• **RECORD EXTRACTS**:
**********

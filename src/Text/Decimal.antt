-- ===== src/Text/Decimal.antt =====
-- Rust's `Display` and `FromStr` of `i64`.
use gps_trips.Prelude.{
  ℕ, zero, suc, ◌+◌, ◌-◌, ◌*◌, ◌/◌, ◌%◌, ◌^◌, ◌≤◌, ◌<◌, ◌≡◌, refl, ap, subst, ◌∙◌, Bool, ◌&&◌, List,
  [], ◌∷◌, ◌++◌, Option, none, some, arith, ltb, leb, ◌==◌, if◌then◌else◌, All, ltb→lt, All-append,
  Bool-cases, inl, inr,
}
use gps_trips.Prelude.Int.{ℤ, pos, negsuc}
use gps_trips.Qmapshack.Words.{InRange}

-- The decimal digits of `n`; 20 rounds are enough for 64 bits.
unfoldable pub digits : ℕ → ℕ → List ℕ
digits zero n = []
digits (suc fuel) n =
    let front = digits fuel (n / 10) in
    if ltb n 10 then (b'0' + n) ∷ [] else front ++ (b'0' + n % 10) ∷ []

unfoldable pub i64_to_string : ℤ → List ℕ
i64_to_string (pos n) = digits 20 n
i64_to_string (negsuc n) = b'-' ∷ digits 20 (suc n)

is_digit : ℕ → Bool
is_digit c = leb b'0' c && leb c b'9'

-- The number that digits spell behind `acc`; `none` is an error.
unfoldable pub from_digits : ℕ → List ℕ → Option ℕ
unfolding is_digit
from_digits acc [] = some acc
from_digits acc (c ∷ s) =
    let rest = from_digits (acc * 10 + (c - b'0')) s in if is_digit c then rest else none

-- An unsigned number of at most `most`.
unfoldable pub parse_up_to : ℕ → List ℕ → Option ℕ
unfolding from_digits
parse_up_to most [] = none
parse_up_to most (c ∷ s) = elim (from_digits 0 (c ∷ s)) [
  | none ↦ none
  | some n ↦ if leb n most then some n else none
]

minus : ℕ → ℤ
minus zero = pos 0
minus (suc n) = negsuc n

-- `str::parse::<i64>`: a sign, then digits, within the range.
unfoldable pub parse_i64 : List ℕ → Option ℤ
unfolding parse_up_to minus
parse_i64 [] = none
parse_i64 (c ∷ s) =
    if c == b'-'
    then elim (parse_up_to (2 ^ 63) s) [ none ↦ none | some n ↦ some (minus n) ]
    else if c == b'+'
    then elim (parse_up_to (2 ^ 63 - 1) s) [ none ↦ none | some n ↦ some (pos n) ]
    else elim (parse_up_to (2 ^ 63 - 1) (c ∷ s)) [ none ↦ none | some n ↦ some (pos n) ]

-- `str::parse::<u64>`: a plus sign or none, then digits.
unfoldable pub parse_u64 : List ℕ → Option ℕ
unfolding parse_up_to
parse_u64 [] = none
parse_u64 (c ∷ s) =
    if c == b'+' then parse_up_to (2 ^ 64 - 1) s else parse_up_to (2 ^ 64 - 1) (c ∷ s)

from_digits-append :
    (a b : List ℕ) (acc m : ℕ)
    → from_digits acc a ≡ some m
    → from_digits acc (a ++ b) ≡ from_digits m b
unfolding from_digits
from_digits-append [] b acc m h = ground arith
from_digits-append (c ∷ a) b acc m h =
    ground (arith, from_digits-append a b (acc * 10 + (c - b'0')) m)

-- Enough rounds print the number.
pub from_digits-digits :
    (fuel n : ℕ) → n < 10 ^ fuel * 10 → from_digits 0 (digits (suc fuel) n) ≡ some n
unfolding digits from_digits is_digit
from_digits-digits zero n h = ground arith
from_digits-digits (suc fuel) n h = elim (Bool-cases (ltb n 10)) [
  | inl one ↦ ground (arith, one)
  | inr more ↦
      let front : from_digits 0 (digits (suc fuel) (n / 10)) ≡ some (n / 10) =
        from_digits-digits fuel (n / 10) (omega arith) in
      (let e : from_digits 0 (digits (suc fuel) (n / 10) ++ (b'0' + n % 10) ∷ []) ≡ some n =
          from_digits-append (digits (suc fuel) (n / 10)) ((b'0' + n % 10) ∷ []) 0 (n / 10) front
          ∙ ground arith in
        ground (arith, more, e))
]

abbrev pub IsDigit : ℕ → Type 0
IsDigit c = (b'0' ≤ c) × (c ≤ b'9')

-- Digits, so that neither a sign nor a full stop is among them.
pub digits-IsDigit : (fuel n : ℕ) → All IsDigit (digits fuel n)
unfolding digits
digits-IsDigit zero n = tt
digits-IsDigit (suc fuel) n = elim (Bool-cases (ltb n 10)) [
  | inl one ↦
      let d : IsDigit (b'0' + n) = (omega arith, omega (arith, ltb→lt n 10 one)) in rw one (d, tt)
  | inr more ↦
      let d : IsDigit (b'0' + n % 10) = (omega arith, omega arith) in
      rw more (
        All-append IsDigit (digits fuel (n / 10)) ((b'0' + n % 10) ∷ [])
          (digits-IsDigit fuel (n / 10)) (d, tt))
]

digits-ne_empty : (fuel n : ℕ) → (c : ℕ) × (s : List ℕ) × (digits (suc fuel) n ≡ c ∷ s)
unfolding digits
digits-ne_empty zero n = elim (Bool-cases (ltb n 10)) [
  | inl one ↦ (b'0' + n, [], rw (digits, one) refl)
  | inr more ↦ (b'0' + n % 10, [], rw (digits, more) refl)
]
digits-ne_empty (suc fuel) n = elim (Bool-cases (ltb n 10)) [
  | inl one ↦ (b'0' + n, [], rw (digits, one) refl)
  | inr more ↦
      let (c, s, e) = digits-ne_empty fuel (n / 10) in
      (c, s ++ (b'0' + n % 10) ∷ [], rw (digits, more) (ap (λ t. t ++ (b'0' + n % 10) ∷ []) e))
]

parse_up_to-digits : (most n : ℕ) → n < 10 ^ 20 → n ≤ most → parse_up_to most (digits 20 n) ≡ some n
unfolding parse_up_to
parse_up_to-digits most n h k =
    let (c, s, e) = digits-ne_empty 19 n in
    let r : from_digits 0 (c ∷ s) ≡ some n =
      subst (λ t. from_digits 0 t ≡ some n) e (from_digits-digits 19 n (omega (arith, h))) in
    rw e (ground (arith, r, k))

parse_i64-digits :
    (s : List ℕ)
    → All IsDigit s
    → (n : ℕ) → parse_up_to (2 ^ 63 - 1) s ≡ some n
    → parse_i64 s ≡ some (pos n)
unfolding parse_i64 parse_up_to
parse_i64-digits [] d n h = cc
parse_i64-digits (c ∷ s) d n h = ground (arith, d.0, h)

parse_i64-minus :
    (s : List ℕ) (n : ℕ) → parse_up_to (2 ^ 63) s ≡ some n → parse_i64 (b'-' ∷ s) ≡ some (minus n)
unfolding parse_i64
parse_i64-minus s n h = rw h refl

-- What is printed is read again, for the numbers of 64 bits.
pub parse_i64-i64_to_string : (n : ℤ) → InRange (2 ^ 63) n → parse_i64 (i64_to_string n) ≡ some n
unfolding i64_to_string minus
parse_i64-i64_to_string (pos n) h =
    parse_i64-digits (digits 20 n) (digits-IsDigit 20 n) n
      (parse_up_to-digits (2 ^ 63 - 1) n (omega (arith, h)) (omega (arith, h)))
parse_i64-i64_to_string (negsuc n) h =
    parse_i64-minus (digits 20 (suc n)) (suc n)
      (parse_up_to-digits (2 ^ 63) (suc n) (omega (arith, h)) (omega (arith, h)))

**********

• **WHAT YOU ARE ASKED TO DO**: Your task is to copy each line of the entries that includes the word "omega".

• **TASK OUTPUT**:
        from_digits-digits fuel (n / 10) (omega arith) in
      let d : IsDigit (b'0' + n) = (omega arith, omega (arith, ltb→lt n 10 one)) in rw one (d, tt)
      let d : IsDigit (b'0' + n % 10) = (omega arith, omega arith) in
      subst (λ t. from_digits 0 t ≡ some n) e (from_digits-digits 19 n (omega (arith, h))) in
      (parse_up_to-digits (2 ^ 63 - 1) n (omega (arith, h)) (omega (arith, h)))
      (parse_up_to-digits (2 ^ 63) (suc n) (omega (arith, h)) (omega (arith, h)))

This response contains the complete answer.